Dejar que lo gocen los sentidos

Esta obra trata el dolor de una pareja al perder a su hijo. Lo digo antes que nada, porque si no os lo explican es difícil que se entienda. Y es que entre otros, aquí se habla de un ejército de monos sirvientes, de una roca en forma de ballena, de una tía abuela serpiente,  de un consolador con forma de delfín y hasta de un extraterrestre que se comunica telepáticamente. En este mundo creado por Philip Ridley nada es lo que parece, pues la relación y la posterior pérdida se convierten en una especie de viaje de aventuras extremadamente metafórico.

El texto es difícil de entender y de representar. Tan escondido está el problema, que lo cierto es que no llega a transmitirse. Y aun así, de alguna manera quedamos fascinados por la inspiradora puesta en escena, que nace de la alianza de los Sixto Paz – que ya trataron el tema de la pareja con una forma mucho más realista en Pulmons -con el trío Psirc. El grupo, dirigido por Pau Roca, consigue fusionar circo y teatro para representar lo aparentemente irrepresentable con una maravillosa integración entre ambas disciplinas. Esto no es un espectáculo con números independientes, sino que la interactuación entre los actores (Ariadna Cabrol y el mismo Roca) y los acróbatas (Wanja Kahlert, Adrià Montaña y Anna Pasqual) es constante y siempre puesta al servicio del texto.

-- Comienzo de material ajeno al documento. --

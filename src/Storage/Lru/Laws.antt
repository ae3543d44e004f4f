-- ===== src/Storage/Lru/Laws.antt =====
-- Lists of distinct frames, and the consistency of the LRU list of src/storage/buffer.
use seeddb.Base.{
  ℕ, List, [], ◌∷◌, ◌++◌, Option, arith, eq-cases, ◌≡◌, Bool, false, if◌then◌else◌, inl, length,
  none, true, ◌||◌, ap, inr, refl, some, suc, ◌==◌, ◌⊎◌, ≢→==_false, sym, ◌∙◌,
}
use seeddb.Storage.Lru.{LruReplacer, contains, remove, split_last}

abbrev pub Distinct : List ℕ → Type 0
Distinct [] = Unit
Distinct (x ∷ xs) = (contains xs x ≡ false) × Distinct xs

-- All frames of the list, the next victim last.
abbrev pub order : LruReplacer → List ℕ
order s = s.young ++ s.old

-- The entry that the node map should have for a frame.
abbrev pub mark : List ℕ → List ℕ → ℕ → Option Bool
mark young old f =
    if contains young f then some false else if contains old f then some true else none

-- The counters count, no frame stands twice, and exactly the frames of the list have a node, each
-- flagged with its part.
pub record IsValid (s : LruReplacer) : Type 0 where
  pub young_count : s.young_size ≡ length s.young
  pub old_count : s.old_size ≡ length s.old
  pub distinct : Distinct (order s)
  pub marked : (f : ℕ) → s.nodes f ≡ mark s.young s.old f

pub contains-append :
    (xs ys : List ℕ) (f : ℕ) → contains (xs ++ ys) f ≡ contains xs f || contains ys f
unfolding contains
contains-append [] ys f = refl
contains-append (x ∷ xs) ys f = ground (arith, contains-append xs ys f)

pub contains-last : (xs : List ℕ) (f : ℕ) → contains (xs ++ f ∷ []) f ≡ true
unfolding contains
contains-last xs f = rw (contains-append xs (f ∷ []) f) (ground arith)

pub Distinct-left : (xs ys : List ℕ) → Distinct (xs ++ ys) → Distinct xs
Distinct-left [] ys d = tt
Distinct-left (x ∷ xs) ys (new, d) =
    (ground (arith, contains-append xs ys x), Distinct-left xs ys d)

pub Distinct-right : (xs ys : List ℕ) → Distinct (xs ++ ys) → Distinct ys
Distinct-right [] ys d = d
Distinct-right (x ∷ xs) ys (new, d) = Distinct-right xs ys d

-- No frame is in both halves.
pub Distinct-apart :
    (xs ys : List ℕ) (f : ℕ) → Distinct (xs ++ ys) → contains xs f ≡ true → contains ys f ≡ false
unfolding contains
Distinct-apart [] ys f d h = cc
Distinct-apart (x ∷ xs) ys f (new, d) h = elim (eq-cases x f) [
  | inl (same, _) ↦ ground (arith, contains-append xs ys x, ap (contains ys) same)
  | inr (other, e) ↦ Distinct-apart xs ys f d (ground arith)
]

pub contains-remove :
    (xs : List ℕ) (f g : ℕ)
    → Distinct xs
    → contains (remove xs f) g ≡ (if f == g then false else contains xs g)
unfolding contains remove
contains-remove [] f g d = ground arith
contains-remove (x ∷ xs) f g (new, d) = elim (eq-cases x f) [
  | inl (same, e) ↦ elim (eq-cases f g) [
    | inl (hit, e') ↦ rw (e, e') (rw (← hit) (rw (← same) new))
    | inr (miss, e') ↦ rw (e, e') (rw (≢→==_false x g (λ z. miss (sym same ∙ z))) refl)
  ]
  | inr (other, e) ↦ rw e (ground (arith, contains-remove xs f g d))
]

pub Distinct-remove : (xs : List ℕ) (f : ℕ) → Distinct xs → Distinct (remove xs f)
unfolding remove
Distinct-remove [] f d = tt
Distinct-remove (x ∷ xs) f (new, d) = elim (eq-cases x f) [
  | inl (same, e) ↦ rw e d
  | inr (other, e) ↦ rw e (ground (arith, contains-remove xs f x d), Distinct-remove xs f d)
]

pub remove-append_left :
    (xs ys : List ℕ) (f : ℕ) → contains xs f ≡ true → remove (xs ++ ys) f ≡ remove xs f ++ ys
unfolding contains remove
remove-append_left [] ys f h = cc
remove-append_left (x ∷ xs) ys f h = ground (arith, remove-append_left xs ys f)

pub remove-append_right :
    (xs ys : List ℕ) (f : ℕ) → contains xs f ≡ false → remove (xs ++ ys) f ≡ xs ++ remove ys f
unfolding contains remove
remove-append_right [] ys f h = refl
remove-append_right (x ∷ xs) ys f h = ground (arith, remove-append_right xs ys f)

pub length-remove :
    (xs : List ℕ) (f : ℕ) → contains xs f ≡ true → suc (length (remove xs f)) ≡ length xs
unfolding contains remove
length-remove [] f h = cc
length-remove (x ∷ xs) f h = ground (arith, length-remove xs f)

-- `split_last` fails on the empty list only, and otherwise takes the last entry off.
pub split_last-cases :
    (xs : List ℕ)
    → ((xs ≡ []) × (split_last xs ≡ none))
      ⊎ ((ys : List ℕ) × (y : ℕ) × (xs ≡ ys ++ y ∷ []) × (split_last xs ≡ some (ys, y)))
unfolding split_last
split_last-cases [] = inl (refl, refl)
split_last-cases (x ∷ xs) = elim (split_last-cases xs) [
  | inl (e, h) ↦ inr ([], x, ap (◌∷◌ x) e, rw (h, split_last) refl)
  | inr (ys, y, e, h) ↦ inr (x ∷ ys, y, ap (◌∷◌ x) e, rw (h, split_last) refl)
]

Entre otros, el circo ayuda al protagonista a encarnar los saltos que da durante una batalla e ilustra los árboles que rodean a los personajes.

El conjunto, acompañado de música e  iluminación inspiradoras, nos lleva a un terreno desconocido que busca incomodarnos en algunos momentos e hipnotizarnos en otros. Si primero Roca ofrece un largo monólogo sobre cómo sería introducir una granada en el coño del personaje femenino, minutos después los Psirc crean entre abrazos una hermosa y virtuosa torre humana mientras el público, que empieza la obra de pie, es conducido a dar vueltas alrededor, formando así parte de la escena.

En definitiva, la propuesta vale la pena por su forma más que por su contenido. Lo que podría hacerse tedioso por la falta de claridad, termina siendo atrayente por la belleza de lo que se contempla. Al final, ni entendemos ni nos importa entender. Lo único que hay que hacer es dejarse llevar, abandonar la racionalidad y dejar que por esta vez sean los sentidos los que gocen.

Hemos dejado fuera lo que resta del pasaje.